Regardless of differences in the composition of the sediments, their temperature sensitivity was the same in tropical and Nordic sediments. But the associations are not linear, and the starting point in the warmer water in Amazonas produces a stronger response when the temperature is increased further.
"We combined the temperature sensitivity we measured with scenarios for increases in temperature in the coming century in the different climate zones. The absolute increase in temperature is expected to be lower in the tropics than in the north, but the result is nevertheless that the production of greenhouse gases will increase more in the tropics", says Cristian Gudasz, formerly a doctoral candidate at Uppsala University, and now a post-doctoral fellow at Princeton University in the US.
"This is partly owing to the fact that methane production rises considerably with a change in the temperature under tropical conditions. Methane is a substantially more potent greenhouse gas than carbon dioxide. Small differences in temperature in the tropics can thus have a greater effect than greater changes in temperature in the Nordic region", claims David Bastviken, a senior lecturer at Linköping University.

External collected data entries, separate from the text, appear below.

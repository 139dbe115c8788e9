-- ===== src/Control/Connection/Lifetime.antt =====
-- What holds of a session from the start of its connection to the end.
use hybrid_ftp_socket.Prelude.{
  ℕ, zero, suc, Bytes, Bool, true, false, Option, none, some, List, [], ◌∷◌, ◌++◌, inl, ◌≡◌, refl,
  sym, subst,
}
use hybrid_ftp_socket.Prelude.Numerals.{Text}
use hybrid_ftp_socket.Control.Parser.{parse}
use hybrid_ftp_socket.Control.Session.{Given}
use hybrid_ftp_socket.Control.Files.{Files}
use hybrid_ftp_socket.Control.Handler.Base.{Answer, reply, raised}
use hybrid_ftp_socket.Control.Handler.Transfers.{cancel}
use hybrid_ftp_socket.Control.Handler.{handle}
use hybrid_ftp_socket.Control.Handler.Invariant.{IsValid, opened-IsValid}
use hybrid_ftp_socket.Control.Handler.Invariant.Kept.{handle-IsValid}
use hybrid_ftp_socket.Control.Connection.Lines.{split_line}
use hybrid_ftp_socket.Control.Connection.{
  Connection, Progress, reading, returned, LocalAddress, server_ip_of, connect, respond, settle,
  on_command, on_line, drain, receive, run, connection_of, cleanup,
}

respond_session :
    {Disk : Type 0} (answer : Answer) (c : Connection Disk) → (respond answer c).session ≡ c.session
unfolding respond
respond_session (reply []) c = refl
respond_session (reply (b ∷ response)) c = refl
respond_session raised c = refl

module _ (files : Files) (format_date : Text → Text) (decode : Bytes → Option Text)
    (surroundings : ℕ → Given) where
  abbrev Holds : Progress files.Disk → Type 0
  Holds p = IsValid files (connection_of p).session

  on_line-IsValid :
      (found : Option Text) (c : Connection files.Disk)
      → IsValid files c.session
      → IsValid files (on_line files format_date decode surroundings found c).1.session
  unfolding on_line on_command
  on_line-IsValid none c v = v
  on_line-IsValid (some raw_command) c v =
      let command = parse raw_command in
      let h = handle files format_date command (surroundings c.turn) c.session c.disk c.counter in
      subst (IsValid files) (sym (respond_session h.answer (settle h c))) (
        handle-IsValid files format_date command (surroundings c.turn) c.session c.disk c.counter v)

  drain-IsValid :
      (fuel : ℕ) (buffer : Bytes) (c : Connection files.Disk)
      → IsValid files c.session
      → Holds (drain files format_date decode surroundings fuel buffer c)
  unfolding drain
  drain-IsValid zero buffer c v = v
  drain-IsValid (suc fuel) buffer c v =
      by_line (λ rest d w. drain-IsValid fuel rest d w) (split_line buffer)
    where
      by_quit :
          (rest : Bytes)
          → ((d : Connection files.Disk)
              → IsValid files d.session
              → Holds (drain files format_date decode surroundings fuel rest d))
          → (quit : Bool) (d : Connection files.Disk) → IsValid files d.session
          → Holds (elim quit [
            | true ↦ returned d
            | false ↦ drain files format_date decode surroundings fuel rest d
          ])
      by_quit rest ih true d w = w
      by_quit rest ih false d w = ih d w

      by_line :
          ((rest : Bytes) (d : Connection files.Disk)
            → IsValid files d.session
            → Holds (drain files format_date decode surroundings fuel rest d))
          → (found : Option (Bytes × Bytes))
          → Holds (elim found [
            | none ↦ reading buffer c
            | some (command, rest) ↦
                elim ((on_line files format_date decode surroundings (decode command) c).0) [
                  | true ↦
                      returned (on_line files format_date decode surroundings (decode command) c).1
                  | false ↦
                      drain files format_date decode surroundings fuel rest
                        (on_line files format_date decode surroundings (decode command) c).1
                ]
          ])
      by_line ih none = v
      by_line ih (some (command, rest)) =
          by_quit rest (ih rest)
            (on_line files format_date decode surroundings (decode command) c).0
            (on_line files format_date decode surroundings (decode command) c).1
            (on_line-IsValid (decode command) c v)

  receive-IsValid :
      (bytes : Bytes) (p : Progress files.Disk)
      → Holds p
      → Holds (receive files format_date decode surroundings bytes p)
  unfolding receive
  receive-IsValid bytes (reading buffer c) v = drain-IsValid _ (buffer ++ bytes) c v
  receive-IsValid bytes (returned c) v = v

  run-IsValid :
      (chunks : List Bytes) (p : Progress files.Disk)
      → Holds p
      → Holds (run files format_date decode surroundings chunks p)
  unfolding run
  run-IsValid [] p v = v
  run-IsValid ([] ∷ later) p v = v
  run-IsValid ((b ∷ bytes) ∷ later) p v =
      run-IsValid later (receive files format_date decode surroundings (b ∷ bytes) p)
        (receive-IsValid (b ∷ bytes) p v)

  -- For every client, whatever bytes it sends: if the root of the server is a directory of the
  -- service, the session of its connection satisfies the invariant at every end of the loop, and
  -- so does what `cleanup` leaves of it.
  pub connect-IsValid :
      (ftp_root : Text) (peer_ip advertised_host : Option Text) (address : LocalAddress)
      (disk : files.Disk) (counter : ℕ) (chunks : List Bytes)
      → files.IsInside ftp_root
      → (IsValid files
          (connection_of (
            run files format_date decode surroundings chunks (
              reading [] (connect ftp_root peer_ip advertised_host address disk counter)))).session)
        × IsValid files (
            cleanup
              (connection_of (
                run files format_date decode surroundings chunks (
                  reading []
                    (connect ftp_root peer_ip advertised_host address disk counter)))).session)
  unfolding connect cleanup cancel
  connect-IsValid ftp_root peer_ip advertised_host address disk counter chunks i =
      let start = connect ftp_root peer_ip advertised_host address disk counter in
      let v : Holds (run files format_date decode surroundings chunks (reading [] start)) =
        run-IsValid chunks (reading [] start)
          (opened-IsValid files ftp_root peer_ip (some (server_ip_of advertised_host address)) i) in
      (
        v,
        record {
          user = v.user;
          renaming = inl refl;
          mode = v.mode;
          type = v.type;
          inside = v.inside;
          endpoint = tt;
        },
      )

This research is part of a collaborative between Swedish and Brazilian universities, funded by STINT, the Swedish Foundation for International Cooperation in Research and Higher Education.
Reference: H. Marotta, L. Pinho, C. Gudasz, D. Bastviken, L. J. Tranvik and A. Enrich-Prast. Greenhouse gas production in low-latitude lake sediments responds strongly to warming. Nature Climate Change. Advance Online Publication (AOP).